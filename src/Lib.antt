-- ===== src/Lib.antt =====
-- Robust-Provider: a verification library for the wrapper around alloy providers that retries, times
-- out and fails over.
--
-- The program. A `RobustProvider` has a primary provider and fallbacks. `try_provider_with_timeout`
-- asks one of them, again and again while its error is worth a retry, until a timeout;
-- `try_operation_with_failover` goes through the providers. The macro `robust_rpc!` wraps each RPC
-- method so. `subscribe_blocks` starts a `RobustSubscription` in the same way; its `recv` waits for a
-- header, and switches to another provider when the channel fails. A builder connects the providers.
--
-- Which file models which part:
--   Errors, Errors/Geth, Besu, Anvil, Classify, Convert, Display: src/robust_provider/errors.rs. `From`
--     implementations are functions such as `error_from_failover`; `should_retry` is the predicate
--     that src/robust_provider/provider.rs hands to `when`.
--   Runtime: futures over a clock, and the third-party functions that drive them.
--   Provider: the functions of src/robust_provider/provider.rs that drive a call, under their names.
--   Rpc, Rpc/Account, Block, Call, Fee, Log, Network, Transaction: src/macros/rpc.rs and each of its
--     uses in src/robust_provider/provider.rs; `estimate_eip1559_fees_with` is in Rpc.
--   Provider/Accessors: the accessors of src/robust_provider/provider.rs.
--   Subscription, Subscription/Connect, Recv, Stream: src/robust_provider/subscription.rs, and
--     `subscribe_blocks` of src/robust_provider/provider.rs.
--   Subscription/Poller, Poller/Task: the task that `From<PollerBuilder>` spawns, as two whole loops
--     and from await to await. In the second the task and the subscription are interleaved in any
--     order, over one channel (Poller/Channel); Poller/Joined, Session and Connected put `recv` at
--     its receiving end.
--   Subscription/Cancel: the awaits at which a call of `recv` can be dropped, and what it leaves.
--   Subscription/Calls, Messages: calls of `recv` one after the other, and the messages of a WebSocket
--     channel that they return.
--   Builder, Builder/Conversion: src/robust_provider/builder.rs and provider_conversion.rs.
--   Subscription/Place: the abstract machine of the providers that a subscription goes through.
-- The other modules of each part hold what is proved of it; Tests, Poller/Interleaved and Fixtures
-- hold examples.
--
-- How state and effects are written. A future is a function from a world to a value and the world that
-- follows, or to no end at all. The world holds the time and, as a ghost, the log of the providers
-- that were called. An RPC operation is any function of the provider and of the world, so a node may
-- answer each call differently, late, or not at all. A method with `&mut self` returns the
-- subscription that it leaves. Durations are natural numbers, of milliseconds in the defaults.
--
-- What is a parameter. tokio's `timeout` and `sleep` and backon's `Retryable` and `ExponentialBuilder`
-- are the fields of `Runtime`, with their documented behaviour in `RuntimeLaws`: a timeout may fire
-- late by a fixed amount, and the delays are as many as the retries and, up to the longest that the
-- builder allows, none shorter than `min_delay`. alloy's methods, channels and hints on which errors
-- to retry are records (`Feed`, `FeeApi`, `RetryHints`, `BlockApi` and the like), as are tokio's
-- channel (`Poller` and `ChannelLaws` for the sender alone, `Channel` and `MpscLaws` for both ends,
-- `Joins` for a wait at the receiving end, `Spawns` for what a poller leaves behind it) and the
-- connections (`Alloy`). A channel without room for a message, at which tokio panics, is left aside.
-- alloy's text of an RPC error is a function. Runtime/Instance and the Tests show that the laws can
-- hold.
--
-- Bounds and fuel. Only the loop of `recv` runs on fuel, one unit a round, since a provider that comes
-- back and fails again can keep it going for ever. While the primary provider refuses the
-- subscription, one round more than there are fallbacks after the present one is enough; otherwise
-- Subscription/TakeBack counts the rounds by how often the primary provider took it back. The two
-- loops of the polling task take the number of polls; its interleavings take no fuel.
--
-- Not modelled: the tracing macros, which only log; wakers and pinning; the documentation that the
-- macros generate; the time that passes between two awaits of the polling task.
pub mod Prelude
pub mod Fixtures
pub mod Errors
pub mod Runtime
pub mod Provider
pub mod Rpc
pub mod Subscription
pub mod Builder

__________

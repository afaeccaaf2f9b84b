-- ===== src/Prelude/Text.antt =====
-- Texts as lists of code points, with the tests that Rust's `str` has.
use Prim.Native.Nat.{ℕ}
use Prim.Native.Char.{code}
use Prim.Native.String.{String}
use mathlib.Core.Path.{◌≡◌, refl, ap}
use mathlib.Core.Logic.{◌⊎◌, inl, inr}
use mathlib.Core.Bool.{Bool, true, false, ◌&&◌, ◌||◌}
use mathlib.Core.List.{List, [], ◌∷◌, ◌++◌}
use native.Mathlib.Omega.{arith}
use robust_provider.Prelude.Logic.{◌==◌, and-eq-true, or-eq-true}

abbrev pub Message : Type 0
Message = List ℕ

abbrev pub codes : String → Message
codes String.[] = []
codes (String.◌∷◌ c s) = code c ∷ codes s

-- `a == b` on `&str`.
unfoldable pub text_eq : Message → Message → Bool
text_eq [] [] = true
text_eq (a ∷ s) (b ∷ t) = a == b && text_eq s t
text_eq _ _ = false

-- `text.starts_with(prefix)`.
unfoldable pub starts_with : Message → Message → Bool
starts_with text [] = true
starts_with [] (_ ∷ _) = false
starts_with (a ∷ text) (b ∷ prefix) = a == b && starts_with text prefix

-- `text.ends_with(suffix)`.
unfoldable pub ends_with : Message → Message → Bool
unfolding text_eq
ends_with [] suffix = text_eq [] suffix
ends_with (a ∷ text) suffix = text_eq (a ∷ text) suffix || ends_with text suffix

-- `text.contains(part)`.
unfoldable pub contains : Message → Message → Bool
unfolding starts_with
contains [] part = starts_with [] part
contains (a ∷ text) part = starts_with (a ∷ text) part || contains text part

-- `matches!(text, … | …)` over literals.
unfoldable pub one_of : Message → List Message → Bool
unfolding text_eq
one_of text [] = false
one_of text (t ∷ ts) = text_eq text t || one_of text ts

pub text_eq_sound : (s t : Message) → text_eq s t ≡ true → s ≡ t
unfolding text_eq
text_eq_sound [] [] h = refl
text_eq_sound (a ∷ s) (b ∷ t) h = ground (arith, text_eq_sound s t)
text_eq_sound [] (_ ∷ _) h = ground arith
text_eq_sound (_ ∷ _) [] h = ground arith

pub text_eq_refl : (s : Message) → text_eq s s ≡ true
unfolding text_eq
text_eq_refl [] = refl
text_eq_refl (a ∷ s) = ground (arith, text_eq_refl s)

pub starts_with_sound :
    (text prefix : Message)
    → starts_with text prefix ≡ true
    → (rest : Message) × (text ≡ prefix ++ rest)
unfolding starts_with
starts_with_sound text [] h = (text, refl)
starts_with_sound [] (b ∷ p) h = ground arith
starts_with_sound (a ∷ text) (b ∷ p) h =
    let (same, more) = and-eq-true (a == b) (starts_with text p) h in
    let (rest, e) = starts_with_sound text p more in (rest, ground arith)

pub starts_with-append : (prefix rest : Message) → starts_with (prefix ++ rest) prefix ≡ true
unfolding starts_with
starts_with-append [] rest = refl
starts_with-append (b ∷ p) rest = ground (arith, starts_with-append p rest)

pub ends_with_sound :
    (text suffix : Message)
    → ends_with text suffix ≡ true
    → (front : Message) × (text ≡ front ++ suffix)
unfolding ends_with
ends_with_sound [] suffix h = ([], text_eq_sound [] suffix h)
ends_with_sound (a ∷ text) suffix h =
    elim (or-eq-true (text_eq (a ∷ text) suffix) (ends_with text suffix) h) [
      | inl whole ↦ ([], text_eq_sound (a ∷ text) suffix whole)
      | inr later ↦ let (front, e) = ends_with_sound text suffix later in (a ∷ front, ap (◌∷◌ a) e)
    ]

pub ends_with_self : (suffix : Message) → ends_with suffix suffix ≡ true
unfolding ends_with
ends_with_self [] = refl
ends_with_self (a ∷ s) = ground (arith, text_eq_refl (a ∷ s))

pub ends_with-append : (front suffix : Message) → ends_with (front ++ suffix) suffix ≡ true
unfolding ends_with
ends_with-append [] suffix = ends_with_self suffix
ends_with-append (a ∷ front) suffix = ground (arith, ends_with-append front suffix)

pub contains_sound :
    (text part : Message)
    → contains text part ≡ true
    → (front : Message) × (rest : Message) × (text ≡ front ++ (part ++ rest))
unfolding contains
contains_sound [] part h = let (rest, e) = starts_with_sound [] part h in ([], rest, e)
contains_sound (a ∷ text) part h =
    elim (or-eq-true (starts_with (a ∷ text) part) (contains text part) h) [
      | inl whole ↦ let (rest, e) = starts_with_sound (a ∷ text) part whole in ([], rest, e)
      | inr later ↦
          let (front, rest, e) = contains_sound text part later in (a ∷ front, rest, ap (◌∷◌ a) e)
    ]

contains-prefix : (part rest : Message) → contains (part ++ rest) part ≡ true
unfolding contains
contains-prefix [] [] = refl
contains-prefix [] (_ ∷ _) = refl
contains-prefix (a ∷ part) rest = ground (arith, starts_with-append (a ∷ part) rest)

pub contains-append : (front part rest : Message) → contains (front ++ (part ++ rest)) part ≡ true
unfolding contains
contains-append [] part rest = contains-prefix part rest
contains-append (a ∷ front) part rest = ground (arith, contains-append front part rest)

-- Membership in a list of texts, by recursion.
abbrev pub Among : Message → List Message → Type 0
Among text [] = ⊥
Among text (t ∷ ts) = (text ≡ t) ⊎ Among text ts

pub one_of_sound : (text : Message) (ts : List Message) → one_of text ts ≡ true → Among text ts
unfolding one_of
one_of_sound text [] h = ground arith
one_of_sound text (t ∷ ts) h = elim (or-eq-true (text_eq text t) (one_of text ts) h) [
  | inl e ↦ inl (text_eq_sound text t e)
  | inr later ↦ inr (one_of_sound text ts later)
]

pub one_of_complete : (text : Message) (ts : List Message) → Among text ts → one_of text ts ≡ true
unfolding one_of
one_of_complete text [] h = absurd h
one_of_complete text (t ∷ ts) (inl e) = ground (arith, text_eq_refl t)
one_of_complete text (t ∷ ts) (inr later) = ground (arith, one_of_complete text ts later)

__________

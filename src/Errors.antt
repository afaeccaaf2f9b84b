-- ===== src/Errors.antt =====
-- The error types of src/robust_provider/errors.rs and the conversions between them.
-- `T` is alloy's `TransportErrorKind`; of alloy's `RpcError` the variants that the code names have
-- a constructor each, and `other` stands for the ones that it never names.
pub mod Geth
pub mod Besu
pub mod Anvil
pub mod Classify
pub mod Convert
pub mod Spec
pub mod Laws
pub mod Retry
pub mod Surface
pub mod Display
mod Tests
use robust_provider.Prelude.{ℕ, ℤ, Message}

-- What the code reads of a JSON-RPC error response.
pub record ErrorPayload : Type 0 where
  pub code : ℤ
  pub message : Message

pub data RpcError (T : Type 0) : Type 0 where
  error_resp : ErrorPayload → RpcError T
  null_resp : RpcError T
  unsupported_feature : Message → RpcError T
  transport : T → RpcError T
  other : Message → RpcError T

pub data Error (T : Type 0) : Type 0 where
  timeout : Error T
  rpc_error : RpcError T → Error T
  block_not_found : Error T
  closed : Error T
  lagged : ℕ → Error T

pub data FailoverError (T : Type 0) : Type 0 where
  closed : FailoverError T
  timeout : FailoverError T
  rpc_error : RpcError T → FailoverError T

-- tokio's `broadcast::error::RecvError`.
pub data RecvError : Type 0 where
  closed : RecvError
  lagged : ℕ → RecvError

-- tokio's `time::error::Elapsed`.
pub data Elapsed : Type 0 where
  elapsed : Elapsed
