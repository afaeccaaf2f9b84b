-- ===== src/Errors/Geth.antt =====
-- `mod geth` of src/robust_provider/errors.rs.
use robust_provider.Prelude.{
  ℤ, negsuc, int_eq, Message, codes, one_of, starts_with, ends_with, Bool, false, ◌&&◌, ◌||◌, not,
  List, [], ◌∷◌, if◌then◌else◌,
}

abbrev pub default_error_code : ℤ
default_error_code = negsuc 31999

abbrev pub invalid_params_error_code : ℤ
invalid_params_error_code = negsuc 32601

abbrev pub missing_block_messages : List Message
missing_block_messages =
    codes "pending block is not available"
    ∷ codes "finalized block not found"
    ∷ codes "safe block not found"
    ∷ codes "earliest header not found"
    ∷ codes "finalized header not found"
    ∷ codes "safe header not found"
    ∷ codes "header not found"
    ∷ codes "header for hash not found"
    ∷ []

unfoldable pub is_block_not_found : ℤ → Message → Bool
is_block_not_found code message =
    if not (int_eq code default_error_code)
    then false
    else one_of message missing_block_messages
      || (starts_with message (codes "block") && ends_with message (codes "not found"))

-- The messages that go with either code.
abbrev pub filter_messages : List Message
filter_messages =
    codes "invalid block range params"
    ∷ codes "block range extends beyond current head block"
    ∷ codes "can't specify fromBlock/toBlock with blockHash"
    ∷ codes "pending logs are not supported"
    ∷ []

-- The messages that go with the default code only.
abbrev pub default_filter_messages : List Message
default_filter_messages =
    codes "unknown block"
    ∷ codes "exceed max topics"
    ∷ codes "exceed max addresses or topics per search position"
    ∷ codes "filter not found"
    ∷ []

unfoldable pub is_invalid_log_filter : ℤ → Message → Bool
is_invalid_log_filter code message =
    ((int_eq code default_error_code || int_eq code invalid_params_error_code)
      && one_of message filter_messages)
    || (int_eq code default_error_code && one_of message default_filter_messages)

__________

▶ **EXERCISE**
Go through the material above, and wherever a line holds the word "Elapsed", copy it.

▶ **ANSWER BOX**
-- tokio's `time::error::Elapsed`.
pub data Elapsed : Type 0 where
  elapsed : Elapsed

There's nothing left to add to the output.